TASK OBJECTIVE
Set down, please, exactly the lines below that run from the line with "-- Quote model" to the line with "-- Jobs models", both lines included.

[RECORDS FOR THIS EXERCISE — start]

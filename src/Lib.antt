-- ===== src/Lib.antt =====
-- A verification library for the core of cshell, a POSIX shell in C.
--
-- The parts. A shell has one state (src/state.c): variables with attributes, positional
-- parameters, functions, hashed paths, options and statuses, and a table of aliases
-- (src/alias.c) that the builtins alias and unalias read and change. Arithmetic expansion
-- (src/arithmetic.c) reads and assigns variables of the state, and takes a checkpoint of it
-- first so that an expression that fails changes nothing. The decoder of dollar-single-quotes
-- (src/quote.c) works on bytes and the character lengths of src/character.c. The command line
-- (src/invocation.c) chooses the options and positional parameters that a state begins with. The
-- job list (src/jobs.c) holds the pipelines that the executor starts, which it polls, reports
-- and waits for; the trap table (src/traps.c) holds the actions of signals, which the shell
-- takes one after another, and the handlers that it sets for them. A trap names a signal by the
-- table of src/jobs.c. The spans of an expanded word become fields in src/fields.c, which splits
-- them at IFS and encodes what was quoted for the pattern matcher. Commands come line by line
-- from src/input.c.
--
-- The files. Prelude and its children are shared: byte strings, association lists with their
-- laws, lists and integers over the native numbers, memory and output streams. Alias models the
-- table of src/alias.c (set_alias, csh_aliases_get, csh_aliases_unset, csh_aliases_clone),
-- Alias/Builtin csh_builtin_alias and csh_builtin_unalias; Alias/Order, Alias/Clone,
-- Alias/Builtin/Quote and Alias/Builtin/Laws hold their proofs. State models the structs of
-- src/state.c and include/cshell/state.h; its children model the operations: Locale
-- (csh_state_refresh_locale), Variables (get, set, unset, update_attributes), Saves
-- (csh_state_save_variables, csh_state_restore_variables), Parameters (positional parameters,
-- statuses, options), Environment (csh_state_create, csh_state_environment), Functions
-- (reference counts), Hashes, Snapshot (csh_state_clone, csh_state_save, csh_state_restore),
-- Mutations (sequences of them) and Session (mutations with pushes, saves and checkpoints);
-- Snapshot/Identity and Snapshot/Scarce hold the proofs on checkpoints with memory and without.
-- Arith models src/arithmetic.c: Literal, Lexer (next_token), Operation, Values (read_value,
-- assign), Expression (primary, expression) and Eval (run and the interface). Character and
-- Quote model src/character.c and src/quote.c, and Invocation the options and operands of
-- csh_invocation_parse (src/invocation.c) with the option table of include/cshell/options.h.
-- Jobs models the list of src/jobs.c (complete, stopped, job_status, csh_jobs_add,
-- csh_jobs_remove); its children are Poll (csh_jobs_poll), Current (promote_job, current_job,
-- find_job), Signals (the signal names), Report (print_job, csh_jobs_announce, csh_jobs_notify
-- and the builtin jobs), Wait (wait_job, the end of csh_jobs_foreground and the builtin wait)
-- and Steps (runs of the list); Retention, Adding, Status, Current/Ranked and Steps with its
-- children hold the proofs. Traps models the table of src/traps.c with csh_traps_create,
-- csh_traps_destroy and csh_traps_take, Traps/Process csh_traps_after_fork and
-- csh_traps_exec_signals, Traps/Builtin csh_traps_builtin, and Traps/Steps the runs of a table;
-- Drain, Coherent, Exec, Ignored, Builtin/Keeps and Steps with its children hold the proofs.
-- Fields models the types of src/fields.c and csh_fields_append, Fields/Pattern
-- bracket_subexpression and make_pattern, and Fields/Split current, delimiter, emit,
-- finish_field and csh_expand_fields; their children hold the proofs. Input models the reader of
-- src/input.c (reserve, next_byte, read_failure, csh_input_read_line), and Input/Lines and
-- Input/Loop hold its proofs. Tests and its children hold runs and the theorems at concrete
-- inputs.
--
-- How the state is modelled. A string is its list of bytes, a linked list of named entries an
-- association list in the order of the links, a NULL result none. Operations take the state and
-- hand back a result code with the new state. Allocation is an argument: a memory is a list of
-- answers, false where malloc fails, and true when the list is used up, so every pattern of
-- failures is covered. A function is the number of its payload, and the counts are a function of
-- that number. A job is known by its id, which stands for the pointer to it; a pid that is 0
-- stands for a process that was not started. The entries of the trap table, the pending signals
-- and the handlers that sigaction tells are functions of the signal's number. The locale of the
-- C library is a field that only csh_state_refresh_locale sets.
--
-- Bounds and fuel. A long has 64 bits; numbers are integers and each operation has the tests of
-- the source. Loops over lists are structural. expression and its loop run on fuel: the length
-- of the text and 3 more, which exceeds the bytes and the token left, and each nested call or
-- round has fewer left. The decoder runs on one more than the length of its region, and the loop
-- over option words on one more than their number. The eviction of csh_jobs_add runs on one more
-- than the number of jobs, since each round removes one. make_pattern and finish_field run on
-- one more than the bytes, or the bytes and spans, that are left. The capacity of an input line
-- doubles at most 64 times, and csh_input_read_line on a string runs on more than its bytes. A
-- wait goes on as long as its list of rounds: when that is used up the shell still sleeps. The
-- theorems on answers say that no call runs out.
--
-- What is a parameter: whether setlocale takes a name, mbrlen and btowc, whether the stack has
-- room at a depth of nesting (csh_stack_check), the numbers of signals and what sigaction,
-- sigaddset and strtol take, what waitpid and read report, what the interruption callback
-- answers, and csh_pathname_expand, which src/fields.c calls.
--
-- What is not modelled: tests for NULL arguments, and texts near SIZE_MAX bytes; the terminal,
-- process groups and signal handlers of the job manager, and the builtins fg, bg and kill; the
-- masks and flags of signal handlers; pathname expansion, redirections, the opening of the
-- sources of input and the descriptors kept for them, the shell's lexer and parser, expansion
-- and execution; main and the utilities, which are mostly system calls.
pub mod Prelude
pub mod Alias
pub mod Character
pub mod Quote
pub mod State
pub mod Arith
pub mod Invocation
pub mod Jobs
pub mod Traps
pub mod Fields
pub mod Input
pub mod Tests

[RECORDS FOR THIS EXERCISE — finish]

PROBLEM SOLUTION
-- Quote model src/character.c and src/quote.c, and Invocation the options and operands of
-- csh_invocation_parse (src/invocation.c) with the option table of include/cshell/options.h.
-- Jobs models the list of src/jobs.c (complete, stopped, job_status, csh_jobs_add,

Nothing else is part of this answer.